"""

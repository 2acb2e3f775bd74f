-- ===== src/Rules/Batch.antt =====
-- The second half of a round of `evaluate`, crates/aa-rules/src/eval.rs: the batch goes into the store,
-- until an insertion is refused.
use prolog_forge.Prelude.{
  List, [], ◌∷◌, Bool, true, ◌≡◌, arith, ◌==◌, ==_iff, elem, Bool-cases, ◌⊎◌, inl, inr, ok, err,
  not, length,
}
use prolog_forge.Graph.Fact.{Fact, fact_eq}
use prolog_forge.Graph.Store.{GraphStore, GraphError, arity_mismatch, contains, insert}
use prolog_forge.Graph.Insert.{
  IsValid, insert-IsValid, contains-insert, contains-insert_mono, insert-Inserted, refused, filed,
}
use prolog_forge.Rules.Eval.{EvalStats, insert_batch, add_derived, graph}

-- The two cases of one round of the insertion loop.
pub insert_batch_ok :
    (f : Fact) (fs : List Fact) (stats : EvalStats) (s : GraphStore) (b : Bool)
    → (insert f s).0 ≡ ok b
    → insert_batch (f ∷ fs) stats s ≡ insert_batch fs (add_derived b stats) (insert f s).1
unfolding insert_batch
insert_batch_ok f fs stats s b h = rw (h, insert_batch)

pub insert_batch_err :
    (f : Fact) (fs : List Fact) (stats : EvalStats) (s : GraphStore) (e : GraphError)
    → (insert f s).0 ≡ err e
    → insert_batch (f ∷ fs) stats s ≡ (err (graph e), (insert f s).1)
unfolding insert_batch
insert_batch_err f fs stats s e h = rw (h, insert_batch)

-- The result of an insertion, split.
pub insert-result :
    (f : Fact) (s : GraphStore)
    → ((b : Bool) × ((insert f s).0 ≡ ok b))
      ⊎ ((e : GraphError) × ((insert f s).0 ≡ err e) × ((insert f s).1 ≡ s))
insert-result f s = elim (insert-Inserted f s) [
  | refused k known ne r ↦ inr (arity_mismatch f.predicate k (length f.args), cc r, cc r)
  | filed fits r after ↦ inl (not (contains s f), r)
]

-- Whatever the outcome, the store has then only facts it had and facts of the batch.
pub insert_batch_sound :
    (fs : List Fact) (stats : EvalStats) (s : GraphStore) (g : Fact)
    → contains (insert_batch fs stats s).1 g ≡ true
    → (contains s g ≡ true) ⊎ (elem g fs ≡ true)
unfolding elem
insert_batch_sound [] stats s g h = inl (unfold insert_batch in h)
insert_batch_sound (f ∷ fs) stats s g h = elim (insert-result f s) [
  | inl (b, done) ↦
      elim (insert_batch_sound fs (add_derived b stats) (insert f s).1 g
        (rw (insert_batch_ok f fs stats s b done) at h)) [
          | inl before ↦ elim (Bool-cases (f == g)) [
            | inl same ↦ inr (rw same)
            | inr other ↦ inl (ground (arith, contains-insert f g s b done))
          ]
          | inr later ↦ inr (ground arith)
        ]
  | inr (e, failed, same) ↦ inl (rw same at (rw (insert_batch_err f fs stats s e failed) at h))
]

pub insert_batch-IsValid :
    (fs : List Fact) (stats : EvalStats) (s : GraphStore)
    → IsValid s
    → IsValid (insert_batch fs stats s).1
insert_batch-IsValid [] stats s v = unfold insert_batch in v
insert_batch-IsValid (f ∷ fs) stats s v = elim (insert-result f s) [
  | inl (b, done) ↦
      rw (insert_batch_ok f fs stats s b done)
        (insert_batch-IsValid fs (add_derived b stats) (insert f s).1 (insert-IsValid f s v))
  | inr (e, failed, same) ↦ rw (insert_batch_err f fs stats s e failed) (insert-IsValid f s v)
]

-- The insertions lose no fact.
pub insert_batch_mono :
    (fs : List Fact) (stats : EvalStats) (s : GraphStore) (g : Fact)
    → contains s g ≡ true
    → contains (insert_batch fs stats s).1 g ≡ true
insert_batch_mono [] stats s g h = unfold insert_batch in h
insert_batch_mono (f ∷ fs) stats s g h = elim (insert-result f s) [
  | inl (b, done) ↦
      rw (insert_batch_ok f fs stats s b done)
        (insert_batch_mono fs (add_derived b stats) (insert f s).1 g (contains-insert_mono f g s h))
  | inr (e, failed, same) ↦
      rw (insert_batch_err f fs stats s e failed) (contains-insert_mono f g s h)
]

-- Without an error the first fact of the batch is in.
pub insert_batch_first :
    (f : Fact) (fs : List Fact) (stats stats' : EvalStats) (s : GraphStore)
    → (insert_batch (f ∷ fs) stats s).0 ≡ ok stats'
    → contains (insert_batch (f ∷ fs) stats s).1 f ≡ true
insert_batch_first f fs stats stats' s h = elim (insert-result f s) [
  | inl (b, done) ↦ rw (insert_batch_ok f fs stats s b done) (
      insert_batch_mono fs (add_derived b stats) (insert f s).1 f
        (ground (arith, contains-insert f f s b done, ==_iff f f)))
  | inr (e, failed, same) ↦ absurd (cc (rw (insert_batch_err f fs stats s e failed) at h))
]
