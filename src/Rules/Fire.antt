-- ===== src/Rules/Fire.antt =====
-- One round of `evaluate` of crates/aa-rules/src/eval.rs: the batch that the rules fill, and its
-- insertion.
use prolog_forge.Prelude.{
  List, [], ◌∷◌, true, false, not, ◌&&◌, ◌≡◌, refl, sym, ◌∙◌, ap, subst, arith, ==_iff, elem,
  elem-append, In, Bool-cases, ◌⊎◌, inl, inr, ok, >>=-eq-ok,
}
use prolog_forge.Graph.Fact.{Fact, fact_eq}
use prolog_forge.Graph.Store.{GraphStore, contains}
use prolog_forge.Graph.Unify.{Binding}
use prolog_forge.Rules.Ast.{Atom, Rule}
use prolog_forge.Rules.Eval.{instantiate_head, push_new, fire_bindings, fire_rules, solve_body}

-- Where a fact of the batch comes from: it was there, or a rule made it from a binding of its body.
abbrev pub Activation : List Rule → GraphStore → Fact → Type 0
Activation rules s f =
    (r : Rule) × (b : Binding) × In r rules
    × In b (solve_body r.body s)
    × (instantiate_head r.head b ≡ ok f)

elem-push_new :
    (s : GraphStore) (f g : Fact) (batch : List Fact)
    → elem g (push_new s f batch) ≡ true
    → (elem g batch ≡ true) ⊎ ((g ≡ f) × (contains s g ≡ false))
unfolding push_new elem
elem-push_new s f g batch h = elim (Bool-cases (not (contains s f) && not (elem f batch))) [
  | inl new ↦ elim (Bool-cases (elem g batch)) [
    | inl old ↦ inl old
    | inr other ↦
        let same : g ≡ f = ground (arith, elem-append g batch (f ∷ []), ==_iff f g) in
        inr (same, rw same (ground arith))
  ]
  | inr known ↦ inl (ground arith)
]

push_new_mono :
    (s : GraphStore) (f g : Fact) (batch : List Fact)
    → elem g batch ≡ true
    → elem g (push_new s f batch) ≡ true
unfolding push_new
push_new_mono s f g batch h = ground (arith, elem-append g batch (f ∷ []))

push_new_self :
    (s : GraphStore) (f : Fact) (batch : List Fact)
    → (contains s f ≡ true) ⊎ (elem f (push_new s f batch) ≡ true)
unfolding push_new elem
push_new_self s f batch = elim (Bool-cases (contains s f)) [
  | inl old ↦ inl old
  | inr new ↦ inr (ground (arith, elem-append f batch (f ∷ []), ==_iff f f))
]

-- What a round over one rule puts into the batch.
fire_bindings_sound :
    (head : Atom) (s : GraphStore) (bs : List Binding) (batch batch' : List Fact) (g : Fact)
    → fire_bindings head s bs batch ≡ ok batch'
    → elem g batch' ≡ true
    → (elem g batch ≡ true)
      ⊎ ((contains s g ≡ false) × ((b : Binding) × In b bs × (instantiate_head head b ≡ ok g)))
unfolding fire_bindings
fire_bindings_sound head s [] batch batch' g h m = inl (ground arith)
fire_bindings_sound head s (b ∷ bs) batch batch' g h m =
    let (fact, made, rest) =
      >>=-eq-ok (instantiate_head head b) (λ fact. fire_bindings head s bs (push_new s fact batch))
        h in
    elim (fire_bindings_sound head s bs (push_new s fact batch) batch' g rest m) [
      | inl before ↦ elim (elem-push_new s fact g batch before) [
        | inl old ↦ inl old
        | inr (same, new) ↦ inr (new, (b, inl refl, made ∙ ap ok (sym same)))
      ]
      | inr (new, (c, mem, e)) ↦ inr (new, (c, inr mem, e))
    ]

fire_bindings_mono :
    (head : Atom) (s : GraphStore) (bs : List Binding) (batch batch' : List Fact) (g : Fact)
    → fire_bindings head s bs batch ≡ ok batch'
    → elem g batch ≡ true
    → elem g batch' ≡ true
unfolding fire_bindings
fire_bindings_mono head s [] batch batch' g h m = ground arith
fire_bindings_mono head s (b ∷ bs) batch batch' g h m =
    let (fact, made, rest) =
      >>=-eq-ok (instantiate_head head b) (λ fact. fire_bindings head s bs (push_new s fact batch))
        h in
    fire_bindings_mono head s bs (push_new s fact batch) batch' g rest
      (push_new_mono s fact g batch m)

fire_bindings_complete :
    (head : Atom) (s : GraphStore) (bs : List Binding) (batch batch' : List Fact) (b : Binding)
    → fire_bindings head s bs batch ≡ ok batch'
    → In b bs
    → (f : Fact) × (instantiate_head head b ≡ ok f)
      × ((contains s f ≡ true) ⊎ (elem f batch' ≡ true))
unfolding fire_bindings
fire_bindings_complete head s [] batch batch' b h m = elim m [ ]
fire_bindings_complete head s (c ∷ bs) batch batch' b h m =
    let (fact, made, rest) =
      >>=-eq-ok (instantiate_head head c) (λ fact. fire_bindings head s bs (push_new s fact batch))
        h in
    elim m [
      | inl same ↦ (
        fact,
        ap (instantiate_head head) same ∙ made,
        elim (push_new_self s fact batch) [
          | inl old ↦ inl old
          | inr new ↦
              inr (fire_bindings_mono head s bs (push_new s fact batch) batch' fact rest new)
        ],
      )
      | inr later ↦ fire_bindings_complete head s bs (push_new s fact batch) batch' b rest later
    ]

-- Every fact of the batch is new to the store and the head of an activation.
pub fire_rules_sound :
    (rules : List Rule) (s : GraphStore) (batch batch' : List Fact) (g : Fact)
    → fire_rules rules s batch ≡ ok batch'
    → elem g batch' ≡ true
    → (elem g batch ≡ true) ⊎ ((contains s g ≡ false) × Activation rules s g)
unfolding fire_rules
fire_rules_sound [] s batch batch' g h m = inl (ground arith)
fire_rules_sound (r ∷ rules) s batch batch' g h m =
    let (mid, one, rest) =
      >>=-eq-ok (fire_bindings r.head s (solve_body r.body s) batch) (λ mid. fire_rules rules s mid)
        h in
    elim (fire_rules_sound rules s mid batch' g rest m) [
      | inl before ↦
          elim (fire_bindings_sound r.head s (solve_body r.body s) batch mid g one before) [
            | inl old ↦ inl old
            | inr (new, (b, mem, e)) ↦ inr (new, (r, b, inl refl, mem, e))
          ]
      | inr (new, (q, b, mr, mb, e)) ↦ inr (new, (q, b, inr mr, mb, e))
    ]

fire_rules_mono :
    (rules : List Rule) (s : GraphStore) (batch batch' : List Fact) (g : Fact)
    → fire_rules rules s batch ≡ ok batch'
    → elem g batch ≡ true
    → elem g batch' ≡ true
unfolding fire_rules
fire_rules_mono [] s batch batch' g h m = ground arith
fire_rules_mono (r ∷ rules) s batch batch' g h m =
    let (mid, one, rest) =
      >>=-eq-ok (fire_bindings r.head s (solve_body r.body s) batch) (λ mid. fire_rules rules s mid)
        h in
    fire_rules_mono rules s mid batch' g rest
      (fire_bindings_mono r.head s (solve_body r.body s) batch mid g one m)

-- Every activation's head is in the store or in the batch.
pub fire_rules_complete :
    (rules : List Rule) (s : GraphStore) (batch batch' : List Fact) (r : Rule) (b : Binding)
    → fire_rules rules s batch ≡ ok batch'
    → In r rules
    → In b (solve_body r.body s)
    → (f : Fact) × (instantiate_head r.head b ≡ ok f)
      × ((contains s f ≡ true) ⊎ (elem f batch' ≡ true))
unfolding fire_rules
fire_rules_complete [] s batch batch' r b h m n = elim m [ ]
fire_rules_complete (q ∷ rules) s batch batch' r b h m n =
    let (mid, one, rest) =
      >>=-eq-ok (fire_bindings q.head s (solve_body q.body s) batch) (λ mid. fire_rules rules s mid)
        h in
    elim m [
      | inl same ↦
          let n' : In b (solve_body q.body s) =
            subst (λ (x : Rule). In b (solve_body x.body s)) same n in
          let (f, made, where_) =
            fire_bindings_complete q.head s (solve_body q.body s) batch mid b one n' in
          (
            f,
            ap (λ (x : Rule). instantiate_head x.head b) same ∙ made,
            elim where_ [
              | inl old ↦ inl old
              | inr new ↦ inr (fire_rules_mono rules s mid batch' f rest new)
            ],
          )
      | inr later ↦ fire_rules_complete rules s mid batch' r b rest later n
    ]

"""

■ **WHAT YOU NEED TO DO**: Out of the entries, report each line that contains the word "known".

■ **TASK SOLUTION**:
  | refused k known ne r ↦ inr (arity_mismatch f.predicate k (length f.args), cc r, cc r)
  | inr known ↦ inl (ground arith)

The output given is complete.